*ABOUT THIS EXERCISE:* Spot each line in the records below where the word "failed" occurs, then copy it.

(Saved entries)
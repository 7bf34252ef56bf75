-- ===== src/Examples/Jobs.antt =====
-- Inputs for the theorems on internal/job/job.go.
use almanaut.Base.{
  List, [], bool_eq, list_eq, nat_eq, pair_eq, refl, some, string_eq, true, ◌∷◌, ◌≡◌, ◌≤◌,
}
use almanaut.Base.Text.{text_of}
use almanaut.Jobs.{
  Definition, Event, Loop, done, finish, first, manual, new_job, passing, request, run, start, step,
  waiting,
}
use almanaut.Jobs.Passes.{count_events, is_manual, requests_coalesce}

abbrev hourly : Definition
hourly = record { name = "liveness"; title = text_of "Liveness"; interval = 60; timeout = 5 }

abbrev busy : List Event
busy = first 1 ∷ request ∷ request ∷ finish 3 done ∷ manual 4 ∷ []

abbrev after_busy : Loop
after_busy = record {
  job = record (new_job hourly) {
    last_run = 1;
    next_run = 63;
    last_dur = 2;
    running = true;
    runs = 1;
  };
  phase = passing 4;
}

ran : run (start hourly) busy ≡ some after_busy
unfolding run step
ran = refl

abbrev idle : Loop
idle = record {
  job = record (new_job hourly) {
    trigger = true;
    last_run = 1;
    next_run = 63;
    last_dur = 2;
    runs = 1;
  };
  phase = waiting;
}

requests_coalesce_example :
    ((next : Loop) × (step idle (manual 4) ≡ some next))
    × (count_events is_manual (manual 4 ∷ []) ≤ 1)
unfolding run step
requests_coalesce_example =
    requests_coalesce (record (new_job hourly) { running = true }) 1 1 3 done 4 (manual 4 ∷ []) idle
      after_busy refl refl refl
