-- ===== src/Kuma.antt =====
-- internal/kuma/reconcile.go, syncer.go and kuma.go, and internal/store/kuma_repo.go: monitors in Uptime
-- Kuma that follow the services. Kuma is not part of the program: a pass lists the calls it makes,
-- each with the answer it gets, and what happens at each action is a parameter.
pub mod Plan
pub mod Confined
pub mod Rows
use almanaut.Base.{
  Bool, List, Option, [], bool_eq, false, if◌then◌else◌, length, list_eq, ltb, nat_eq, none, not,
  pair_eq, select, some, string_eq, true, ℕ, ◌&&◌, ◌++◌, ◌+◌, ◌==◌, ◌||◌, ◌∷◌,
}
use almanaut.Base.Assoc.{Assoc, delete, has_key, insert, lookup, retain}
use almanaut.Base.Sort.{sort_by}
use almanaut.Base.Text.{Text, text_of}
use almanaut.Inventory.{Service}

-- `raw` is the object as Kuma sent it, which the program passes back unread.
pub record Monitor : Type 0 where
  pub id : ℕ
  pub name : Text
  pub url : Text
  pub raw : Text

-- A new monitor has no id and no object yet.
abbrev pub new_monitor : Text → Text → Monitor
new_monitor name url = record { id = 0; name = name; url = url; raw = [] }

-- With the service's id: create, edit, delete, and drop the row alone.
pub data Action : Type 0 where
  create edit : ℕ → Monitor → Action
  remove : ℕ → ℕ → Action
  forget : ℕ → Action

-- The table `kuma_monitors`, from service to monitor.
abbrev pub Mapping : Type 0
Mapping = Assoc ℕ ℕ

is_http : Option (Text × Text) → Bool
is_http none = false
is_http (some (scheme, host)) =
    (scheme == text_of "http" || scheme == text_of "https") && not (host == [])

-- One managed row. Where the monitor is there and wanted, an edit keeps its id and its object.
abbrev pub edit_drifted : ℕ → ℕ → Monitor → Monitor → Option Action
edit_drifted service mid cur want =
    if not (cur.name == want.name) || not (cur.url == want.url)
    then some (edit service (record want { id = mid; raw = cur.raw }))
    else none

abbrev pub row_action : ℕ → ℕ → Option Monitor → Option Monitor → Option Action
row_action service mid (some cur) (some want) = edit_drifted service mid cur want
row_action service mid none (some want) = some (create service want)
row_action service mid (some cur) none = some (remove service mid)
row_action service mid none none = some (forget service)

abbrev pub prepend_action : Option Action → List Action → List Action
prepend_action none actions = actions
prepend_action (some a) actions = a ∷ actions

-- A row deletes no service but its own from what is desired, so each row reads all of it.
unfoldable pub managed : Assoc ℕ Monitor → Assoc ℕ Monitor → Mapping → List Action
managed desired existing [] = []
managed desired existing ((service, mid) ∷ rows) =
    prepend_action (row_action service mid (lookup mid existing) (lookup service desired))
      (managed desired existing rows)

unfoldable pub creations : Assoc ℕ Monitor → List Action
creations [] = []
creations ((service, want) ∷ rest) = create service want ∷ creations rest

abbrev pub by_id {ℓ} : {A : Type ℓ} → ℕ × A → ℕ × A → Bool
by_id a b = ltb a.0 b.0

-- `url.Parse`, as far as it is read: the scheme and the host.
module _ (parse_url : Text → Option (Text × Text)) where
  -- `monitorURL`; the URL itself is the service's.
  unfoldable pub is_monitorable : Service → Bool
  unfolding is_http
  is_monitorable s = is_http (parse_url s.url)

  -- The first loop of `plan`.
  unfoldable pub desire : List Service → Assoc ℕ Monitor → Assoc ℕ Monitor
  desire [] desired = desired
  desire (s ∷ services) desired =
      desire services
        (if is_monitorable s then insert s.id (new_monitor s.name s.url) desired else desired)

  unfoldable pub plan : List Service → Mapping → Assoc ℕ Monitor → List Action × ℕ
  unfolding managed creations
  plan services mapping existing =
      let desired = desire services [] in
      let rest = retain (λ service want. not (has_key service mapping)) desired in
      (
        managed desired existing (sort_by by_id mapping) ++ creations (sort_by by_id rest),
        length (select (λ s. not (is_monitorable s)) services),
      )

-- A call to Kuma and its answer: the new monitor's id, or whether it succeeded.
pub data Call : Type 0 where
  add_call : Monitor → Option ℕ → Call
  edit_call : Monitor → Bool → Call
  delete_call : ℕ → Bool → Call

-- What happens at one action.
pub record Fate : Type 0 where
  -- The context has ended.
  pub ended : Bool
  -- The answer to adding a monitor, and to editing or deleting one.
  pub added : Option ℕ
  pub succeeds : Bool
  -- The mapping's row can be written.
  pub writes : Bool
  -- The deletion of a monitor whose row was not written succeeds.
  pub cleans_up : Bool

pub record Summary : Type 0 where
  pub created : ℕ
  pub updated : ℕ
  pub deleted : ℕ
  pub skipped : ℕ
  pub failed : Bool

pub record PassState : Type 0 where
  pub mapping : Mapping
  pub summary : Summary

-- An error ends the pass.
abbrev pub fail : PassState → PassState
fail st = record st { summary = record (st.summary) { failed = true } }

put_row : PassState → Fate → ℕ → Monitor → Option ℕ → PassState × List Call
put_row st f service m none = (fail st, add_call m none ∷ [])
put_row st f service m (some id) =
    if f.writes
    then (
      record {
        mapping = insert service id st.mapping;
        summary = record (st.summary) { created = st.summary.created + 1 };
      },
      add_call m (some id) ∷ [],
    )
    else (fail st, add_call m (some id) ∷ delete_call id f.cleans_up ∷ [])

unfoldable pub perform : PassState → Fate → Action → PassState × List Call
unfolding put_row
perform st f (create service m) = put_row st f service m f.added
perform st f (edit service m) = (
  if f.succeeds
      then record st { summary = record (st.summary) { updated = st.summary.updated + 1 } }
      else fail st,
  edit_call m f.succeeds ∷ [],
)
perform st f (remove service mid) = (
  if f.succeeds && f.writes
      then record {
        mapping = delete service st.mapping;
        summary = record (st.summary) { deleted = st.summary.deleted + 1 };
      }
      else fail st,
  delete_call mid f.succeeds ∷ [],
)
perform st f (forget service) =
    (if f.writes then record st { mapping = delete service st.mapping } else fail st, [])

-- The loop over the actions; `fates n` is what happens at the action with that number.
unfoldable pub perform_all : (ℕ → Fate) → ℕ → PassState → List Action → PassState × List Call
perform_all fates n st [] = (st, [])
perform_all fates n st (a ∷ actions) =
    let (st', calls) = perform st (fates n) a in
    let (end, later) = perform_all fates (n + 1) st' actions in
    if (fates n).ended
    then (fail st, [])
    else if st'.summary.failed
    then (st', calls)
    else (end, calls ++ later)

-- `reconcile`, once the services, the mapping and Kuma's monitors are read.
unfoldable pub reconcile :
    (Text → Option (Text × Text))
    → (ℕ → Fate)
    → List Service
    → Mapping
    → Assoc ℕ Monitor
    → PassState × List Call
reconcile parse_url fates services mapping existing =
    let (actions, skipped) = plan parse_url services mapping existing in
    perform_all fates 0
      (record {
        mapping = mapping;
        summary = record {
          created = 0;
          updated = 0;
          deleted = 0;
          skipped = skipped;
          failed = false;
        };
      })
      actions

*RESPONSE FOR THIS EXERCISE:*
  pub failed : Bool
fail st = record st { summary = record (st.summary) { failed = true } }
    else if st'.summary.failed
          failed = false;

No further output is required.